|Eignet sich Cannabis (Hanf) als Epilepsie‐Medikament?

Eignet sich Cannabis (Hanf) als Epilepsie‐Medikament?

2018-02-13T17:18:25+00:00

Seit längerem vermutet man eine anfalls­un­ter­drü­ckende Wirkung von Canna­b­idiol (CBD), dem nicht‐rauschauslösenden und kaum psych­ia­tri­sche Neben­wir­kungen aufwei­senden Inhalts­stoff im Saat‐Hanf (Cannabis sativa). Die Bericht­erstat­tung über spekta­ku­läre Einzel­fälle in den Medien hat die Erwar­tungen hochge­schraubt.

Nachge­wiesen ist eine Wirkung aller­dings bisher erst bei den seltenen, ausser­or­dent­lich schweren Epilep­sie­formen Dravet‐Syndrom und Lennox‐Gastaut‐Syndrom. Hier rechnen wir nach entspre­chenden weiteren kontrol­lierten Studien mit der Zulas­sung eines CBD‐haltigen Medika­ments in den nächsten Jahren.

Im Gegen­satz zu dem, was viele vermuten, verur­sacht auch CBD Neben­wir­kungen (z.B. Schläf­rig­keit, Appetit­ver­lust, Durch­fall und gelegent­lich parado­xer­weise auch eine Zunahme von Krampf­an­fällen) und kann Wechsel­wir­kungen mit anderen Medika­menten haben.

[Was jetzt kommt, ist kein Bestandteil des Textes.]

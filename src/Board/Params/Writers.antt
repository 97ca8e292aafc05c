-- ===== src/Board/Params/Writers.antt =====
-- lib/params.ts: the writers of a link. Each makes the parameters it leads to, which `href` writes.
use Prim.Native.String.{String}
use job_dashboard.Prelude.{
  ℕ, str_eq, Bool, true, false, not, Option, none, some, List, [], ◌∷◌, ◌++◌, if◌then◌else◌, select,
}
use job_dashboard.Board.Chips.{Tab, Group, type, pay, mode, season, level}
use job_dashboard.Board.Params.Reading.{parse_params, listed, href}
use job_dashboard.Board.Params.{
  Numbers, Basis, tab_text, basis_text, Params, Value, absent, text, value_of, Raw, has, join,
}
pub mod Flipped
pub mod Toggled

-- `Filter | 'badge'`
pub data Filter : Type 0 where
  posted badge : Filter
  badges : Group → Filter

-- `p[group]`
unfoldable pub set_of : Params → Group → List String
set_of p type = p.type_set
set_of p pay = p.pay_set
set_of p mode = p.mode_set
set_of p season = p.season_set
set_of p level = p.level_set

abbrev pub basis_value : Option Basis → Value
basis_value none = absent
basis_value (some basis) = text (basis_text basis)

-- `toRaw`
unfoldable pub to_raw : Params → Raw
unfolding set_of
to_raw p = record {
  tab = text (tab_text p.tab);
  basis = basis_value p.basis;
  posted = value_of p.posted;
  group = λ group. value_of (listed (set_of p group));
  badge = value_of p.badge;
  job = absent;
  page = absent;
  filters = if p.unfiltered then text "all" else absent;
}

unfoldable pub same_group : Group → Group → Bool
same_group type type = true
same_group pay pay = true
same_group mode mode = true
same_group season season = true
same_group level level = true
same_group _ _ = false

-- `{ ...raw, [filter]: value }`
unfoldable pub set_filter : Filter → String → Raw → Raw
unfolding same_group
set_filter posted s raw = record raw { posted = text s }
set_filter badge s raw = record raw { badge = text s }
set_filter (badges group) s raw = record raw {
  group = λ g. if same_group group g then text s else raw.group g;
}

-- A text is a list of one.
abbrev pub chosen : Option (List String) → String
chosen none = ""
chosen (some values) = join values

unfoldable pub filtered : Numbers → Params → Filter → Option (List String) → Params
filtered numbers p filter value = parse_params numbers (set_filter filter (chosen value) (to_raw p))

unfoldable pub toggled : Numbers → Params → Group → String → Params
toggled numbers p group value =
    let current = set_of p group in
    let next =
      if has current value
      then select (λ existing. not (str_eq existing value)) current
      else current ++ (value ∷ []) in
    filtered numbers p (badges group) (some next)

unfoldable pub on_tab : Numbers → Params → Tab → Params
on_tab numbers p tab =
    let raw = to_raw p in parse_params numbers (record raw { tab = text (tab_text tab) })

unfoldable pub on_basis : Numbers → Params → Basis → Params
on_basis numbers p basis =
    let raw = to_raw p in parse_params numbers (record raw { basis = text (basis_text basis) })

unfoldable pub on_page : Numbers → Params → ℕ → Params
on_page numbers p page =
    let raw = to_raw p in parse_params numbers (record raw { page = text (numbers.text_of page) })

unfoldable pub bare : Params → Params
bare p = record p {
  posted = none;
  type_set = [];
  pay_set = [];
  mode_set = [];
  season_set = [];
  level_set = [];
  badge = none;
  page = 1;
}

unfoldable pub without_filters : Params → Params
without_filters p = let plain = bare p in record plain { job = none; unfiltered = true }

-- The writers: `href` after these.
module _ (numbers : Numbers) (to_text : List (String × String) → String) where
  unfoldable pub with_filter : Params → Filter → Option (List String) → String
  with_filter p filter value = href numbers to_text (filtered numbers p filter value)

  unfoldable pub toggle_filter : Params → Group → String → String
  toggle_filter p group value = href numbers to_text (toggled numbers p group value)

  unfoldable pub with_tab : Params → Tab → String
  with_tab p tab = href numbers to_text (on_tab numbers p tab)

  unfoldable pub with_basis : Params → Basis → String
  with_basis p basis = href numbers to_text (on_basis numbers p basis)

  unfoldable pub with_page : Params → ℕ → String
  with_page p page = href numbers to_text (on_page numbers p page)

  unfoldable pub with_job : Params → Option ℕ → String
  with_job p job = href numbers to_text (record p { job = job })

  unfoldable pub cleared : Params → String
  cleared p = href numbers to_text (without_filters p)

Die Schwei­ze­ri­sche Epilepsie‐Liga rät aktuell von einem Einsatz von CBD zur Behand­lung von anderen Epilep­sie­formen als dem Dravet‐ und dem Lennox‐Gastaut‐Syndrom ausser­halb von Studien ab, da weder Wirkungen noch Neben­wir­kungen bei den üblichen, häufi­geren Epilep­sie­formen bisher bekannt sind. Sobald sich die Erkennt­nis­lage ändert, werden wir wieder infor­mieren und selbst­ver­ständ­lich die aktuelle Aussage anpassen.